Input:
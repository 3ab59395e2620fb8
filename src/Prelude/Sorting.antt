-- ===== src/Prelude/Sorting.antt =====
-- Insertion sort, for ORDER BY: `before a b` says that `a` stands before `b`.
use Prim.Native.Nat.{ℕ, zero, suc, ◌+◌}
use mathlib.Core.Path.{◌≡◌, refl, subst}
use mathlib.Core.Logic.{inl, inr}
use mathlib.Core.Bool.{Bool, true, false}
use mathlib.Core.List.{List, [], ◌∷◌}
use native.Mathlib.Omega.{arith}
use trainer.Prelude.Tests.{if◌then◌else◌, count_one, Bool-cases}
use trainer.Prelude.Lists.{count_where, take}

module _ {ℓ} {A : Type ℓ} (before : A → A → Bool) where
  unfoldable pub insert_by : A → List A → List A
  insert_by a [] = a ∷ []
  insert_by a (x ∷ xs) = let rest = insert_by a xs in if before x a then x ∷ rest else a ∷ x ∷ xs

  unfoldable pub sort_by : List A → List A
  unfolding insert_by
  sort_by [] = []
  sort_by (a ∷ xs) = insert_by a (sort_by xs)

  -- No element stands behind one that it should stand before.
  abbrev pub IsSortedBy : List A → Type 0
  IsSortedBy [] = Unit {0}
  IsSortedBy (a ∷ []) = Unit {0}
  IsSortedBy (a ∷ x ∷ xs) = (before x a ≡ false) × IsSortedBy (x ∷ xs)

  module _ (asym : (a b : A) → before a b ≡ true → before b a ≡ false) where
    insert_by-IsSortedBy : (a : A) (xs : List A) → IsSortedBy xs → IsSortedBy (insert_by a xs)
    unfolding insert_by
    insert_by-IsSortedBy a [] h = tt
    insert_by-IsSortedBy a (x ∷ []) h = elim (Bool-cases (before x a)) [
      | inl t ↦ rw t (asym x a t, tt)
      | inr t ↦ rw t (t, tt)
    ]
    insert_by-IsSortedBy a (x ∷ y ∷ xs) h = elim (Bool-cases (before x a)) [
      | inl t ↦ elim (Bool-cases (before y a)) [
        | inl u ↦ rw (t, u) (h.0, behind u (insert_by-IsSortedBy a (y ∷ xs) h.1))
        | inr u ↦ rw (t, u) (asym x a t, (u, h.1))
      ]
      | inr t ↦ rw t (t, h)
    ]
      where
        behind :
            before y a ≡ true → IsSortedBy (insert_by a (y ∷ xs)) → IsSortedBy (y ∷ insert_by a xs)
        behind u inner =
            subst (λ b. IsSortedBy (if b then y ∷ insert_by a xs else a ∷ y ∷ xs)) u inner

    pub sort_by-IsSortedBy : (xs : List A) → IsSortedBy (sort_by xs)
    unfolding sort_by
    sort_by-IsSortedBy [] = tt
    sort_by-IsSortedBy (a ∷ xs) = insert_by-IsSortedBy a (sort_by xs) (sort_by-IsSortedBy xs)

  pub take-IsSortedBy : (n : ℕ) (xs : List A) → IsSortedBy xs → IsSortedBy (take n xs)
  take-IsSortedBy zero xs h = tt
  take-IsSortedBy (suc n) [] h = tt
  take-IsSortedBy (suc zero) (a ∷ []) h = tt
  take-IsSortedBy (suc (suc n)) (a ∷ []) h = tt
  take-IsSortedBy (suc zero) (a ∷ x ∷ xs) h = tt
  take-IsSortedBy (suc (suc n)) (a ∷ x ∷ xs) h = (h.0, take-IsSortedBy (suc n) (x ∷ xs) h.1)

  module _ (test : A → Bool) where
    count-insert_by :
        (a : A) (xs : List A)
        → count_where test (insert_by a xs) ≡ count_one (test a) + count_where test xs
    unfolding count_where insert_by
    count-insert_by a [] = refl
    count-insert_by a (x ∷ xs) = elim (Bool-cases (before x a)) [
      | inl t ↦ rw t (omega (arith, count-insert_by a xs))
      | inr t ↦ rw t refl
    ]

    -- Nothing is lost and nothing added.
    pub count-sort_by : (xs : List A) → count_where test (sort_by xs) ≡ count_where test xs
    unfolding count_where sort_by
    count-sort_by [] = refl
    count-sort_by (a ∷ xs) = omega (arith, count-insert_by a (sort_by xs), count-sort_by xs)
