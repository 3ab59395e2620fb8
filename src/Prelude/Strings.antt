-- ===== src/Prelude/Strings.antt =====
-- `std::string` as its list of bytes.
use Prim.Native.Nat.{ℕ, zero, suc, ◌+◌, ◌/◌, ◌%◌}
use Prim.Native.Char.{code}
use Prim.Native.String.{String}
use mathlib.Core.Path.{◌≡◌, refl}
use mathlib.Core.Logic.{◌↔◌}
use mathlib.Core.Bool.{Bool, true, false, ◌&&◌, ◌||◌}
use mathlib.Core.List.{List, [], ◌∷◌}
use native.Mathlib.Omega.{arith}
use trainer.Prelude.Tests.{Comparable, ltb, nat_beq, if◌then◌else◌}

abbrev pub Bytes : Type 0
Bytes = List ℕ

-- The bytes of an ASCII literal.
unfoldable pub codes : String → Bytes
codes String.[] = []
codes (String.◌∷◌ c s) = code c ∷ codes s

unfoldable pub bytes_beq : Bytes → Bytes → Bool
bytes_beq [] [] = true
bytes_beq [] (y ∷ ys) = false
bytes_beq (x ∷ xs) [] = false
bytes_beq (x ∷ xs) (y ∷ ys) = nat_beq x y && bytes_beq xs ys

pub bytes_beq_iff : (a b : Bytes) → (bytes_beq a b ≡ true) ↔ (a ≡ b)
unfolding bytes_beq
bytes_beq_iff [] [] = (λ _. refl, λ _. refl)
bytes_beq_iff [] (y ∷ ys) = (λ p. cc, λ p. cc)
bytes_beq_iff (x ∷ xs) [] = (λ p. cc, λ p. cc)
bytes_beq_iff (x ∷ xs) (y ∷ ys) =
    (λ p. ground (arith, bytes_beq_iff xs ys), λ p. ground (arith, bytes_beq_iff xs ys))

instance abbrev pub byte_eq : Comparable Bytes
byte_eq = record { same = bytes_beq; same_iff = bytes_beq_iff }

starts_with : Bytes → Bytes → Bool
starts_with [] text = true
starts_with (p ∷ ps) [] = false
starts_with (p ∷ ps) (c ∷ cs) = nat_beq p c && starts_with ps cs

-- `text.ends_with(suffix)`.
unfoldable pub ends_with : Bytes → Bytes → Bool
unfolding bytes_beq
ends_with suffix [] = bytes_beq suffix []
ends_with suffix (c ∷ cs) = bytes_beq suffix (c ∷ cs) || ends_with suffix cs

-- `text.find(part) != npos`.
unfoldable pub contains_bytes : Bytes → Bytes → Bool
unfolding starts_with
contains_bytes part [] = starts_with part []
contains_bytes part (c ∷ cs) = starts_with part (c ∷ cs) || contains_bytes part cs

digits_on : ℕ → ℕ → Bytes → Bytes
digits_on zero n out = out
digits_on (suc fuel) n out =
    let more = digits_on fuel (n / 10) ((b'0' + n % 10) ∷ out) in
    if ltb n 10 then (b'0' + n) ∷ out else more

-- `std::to_string` of a number that is not negative. A number has at most n + 1 digits.
unfoldable pub decimal : ℕ → Bytes
unfolding digits_on
decimal n = digits_on (suc n) n []
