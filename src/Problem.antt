-- ===== src/Problem.antt =====
-- The data of a problem: backend/include/algorithm-trainer/problem.h, and `difficulty_name` of
-- backend/src/problem.cpp.
use trainer.Prelude.{ℕ, Bool, List, Bytes, codes}

pub data ProblemDifficulty : Type 0 where
  easy medium hard : ProblemDifficulty

pub record ProblemExample : Type 0 where
  pub input : Bytes
  pub output : Bytes

pub record ProblemTestCase : Type 0 where
  pub input : Bytes
  pub expected_output : Bytes
  pub id : ℕ
  pub position : ℕ
  pub enabled : Bool
  pub revision : ℕ

pub record Problem : Type 0 where
  pub id : Bytes
  pub title : Bytes
  pub description : Bytes
  pub input_format : Bytes
  pub output_format : Bytes
  pub difficulty : ProblemDifficulty
  pub tags : List Bytes
  pub languages : List Bytes
  pub examples : List ProblemExample
  pub enabled : Bool
  pub revision : ℕ
  pub hidden_tests : List ProblemTestCase

unfoldable pub difficulty_name : ProblemDifficulty → Bytes
difficulty_name easy = codes "Easy"
difficulty_name medium = codes "Medium"
difficulty_name hard = codes "Hard"
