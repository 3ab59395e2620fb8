-- ===== src/Submission.antt =====
-- The data of a submission: backend/include/algorithm-trainer/submission.h, judge.h,
-- submission-record.h, submission-repository.h, and the names that
-- backend/src/submission-record.cpp and backend/src/judge.cpp print.
-- Time stamps are the texts that the database writes; ids are not negative.
pub mod Columns
pub mod Names
use trainer.Prelude.{ℕ, Bool, true, false, Option, some, Bytes, codes}

pub data Verdict : Type 0 where
  accepted wrong_answer runtime_error time_limit_exceeded : Verdict

pub data SubmissionStatus : Type 0 where
  queued running completed failed : SubmissionStatus

pub record SubmissionRequest : Type 0 where
  pub problem_id : Bytes
  pub language : Bytes
  pub code : Bytes
  pub user_id : Option ℕ

pub record SubmissionRecord : Type 0 where
  pub id : ℕ
  pub problem_id : Bytes
  pub language : Bytes
  pub source_code : Bytes
  pub status : SubmissionStatus
  pub verdict : Option Verdict
  pub created_at : Bytes
  pub completed_at : Option Bytes
  pub user_id : Option ℕ
  pub error_type : Option Bytes
  pub retry_of : Option ℕ

pub data RepositoryErrorCode : Type 0 where
  internal user_submission_limit queue_full : RepositoryErrorCode

pub record RepositoryError : Type 0 where
  pub message : Bytes
  pub code : RepositoryErrorCode

-- `RepositoryError{message}`: the code is `internal` where none is given.
abbrev pub plain_error : Bytes → RepositoryError
plain_error message = record { message = message; code = internal }

unfoldable pub verdict_name : Verdict → Bytes
verdict_name accepted = codes "Accepted"
verdict_name wrong_answer = codes "Wrong Answer"
verdict_name runtime_error = codes "Runtime Error"
verdict_name time_limit_exceeded = codes "Time Limit Exceeded"

unfoldable pub submission_status_name : SubmissionStatus → Bytes
submission_status_name queued = codes "Queued"
submission_status_name running = codes "Running"
submission_status_name completed = codes "Completed"
submission_status_name failed = codes "Failed"

abbrev pub is_queued : SubmissionStatus → Bool
is_queued queued = true
is_queued _ = false

abbrev pub is_running : SubmissionStatus → Bool
is_running running = true
is_running _ = false

-- `status IN ('queued', 'running')`
abbrev pub is_active : SubmissionStatus → Bool
is_active queued = true
is_active running = true
is_active completed = false
is_active failed = false

abbrev pub is_accepted : Option Verdict → Bool
is_accepted (some accepted) = true
is_accepted _ = false

abbrev pub is_runtime_error : Option Verdict → Bool
is_runtime_error (some runtime_error) = true
is_runtime_error _ = false
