-- ===== src/Validation.antt =====
-- `validate_submission` (backend/src/submission.cpp). JSON values belong to a library; what the
-- code asks of them is an interface.
pub mod Accepting
use trainer.Prelude.{
  ℕ, Bool, ◌&&◌, ◌||◌, not, none, some, Option, List, [], ◌∷◌, ◌++◌, Bytes, codes, byte_eq, ◌==◌,
  ltb, length, is_empty, if◌then◌else◌, Result, ok, err,
}
use trainer.Submission.{SubmissionRequest}

-- The members of `Json::Value` that the code calls.
pub record Json (J : Type 0) : Type 0 where
  pub is_object : J → Bool
  pub is_member : J → Bytes → Bool
  pub member : J → Bytes → J
  pub is_string : J → Bool
  pub as_string : J → Bytes

abbrev pub maximum_code_size : ℕ
maximum_code_size = 65536

abbrev pub required_fields : List Bytes
required_fields = codes "problemId" ∷ codes "language" ∷ codes "code" ∷ []

-- The tests behind the extraction of the fields.
unfoldable pub check_request : SubmissionRequest → Result Bytes SubmissionRequest
check_request request =
    if is_empty request.problem_id || ltb 128 (length request.problem_id)
    then err (codes "Unsupported problemId")
    else if not (request.language == codes "python") && not (request.language == codes "cpp")
    then err (codes "Unsupported language")
    else if is_empty request.code
    then err (codes "code must not be empty")
    else if ltb maximum_code_size (length request.code)
    then err (codes "code is too large")
    else ok request

module _ {J : Type 0} (library : Json J) where
  open library use {is_object, is_member, member, is_string, as_string}

  -- The loop over the fields: the first that is missing or is no string.
  unfoldable pub first_not_string : J → List Bytes → Option Bytes
  first_not_string json [] = none
  first_not_string json (field ∷ fields) =
      let rest = first_not_string json fields in
      if not (is_member json field) || not (is_string (member json field)) then some field else rest

  abbrev pub extracted : J → SubmissionRequest
  extracted json = record {
    problem_id = as_string (member json (codes "problemId"));
    language = as_string (member json (codes "language"));
    code = as_string (member json (codes "code"));
    user_id = none;
  }

  -- The message of a `ValidationError`, or the request.
  unfoldable pub validate_submission : J → Result Bytes SubmissionRequest
  unfolding first_not_string check_request
  validate_submission json =
      if not (is_object json)
      then err (codes "Request body must be a JSON object")
      else elim (first_not_string json required_fields) [
        | some field ↦ err (field ++ codes " must be a string")
        | none ↦ check_request (extracted json)
      ]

What to work on:
Please retype the top of the data exactly, down to and including the line that holds "insert_by a [] = a ∷ []", and nothing further.

Solution to this problem:
repository 3ab59395e2620fb8
filename src/Prelude/Sorting.antt
-- ===== src/Prelude/Sorting.antt =====
-- Insertion sort, for ORDER BY: `before a b` says that `a` stands before `b`.
use Prim.Native.Nat.{ℕ, zero, suc, ◌+◌}
use mathlib.Core.Path.{◌≡◌, refl, subst}
use mathlib.Core.Logic.{inl, inr}
use mathlib.Core.Bool.{Bool, true, false}
use mathlib.Core.List.{List, [], ◌∷◌}
use native.Mathlib.Omega.{arith}
use trainer.Prelude.Tests.{if◌then◌else◌, count_one, Bool-cases}
use trainer.Prelude.Lists.{count_where, take}

module _ {ℓ} {A : Type ℓ} (before : A → A → Bool) where
  unfoldable pub insert_by : A → List A → List A
  insert_by a [] = a ∷ []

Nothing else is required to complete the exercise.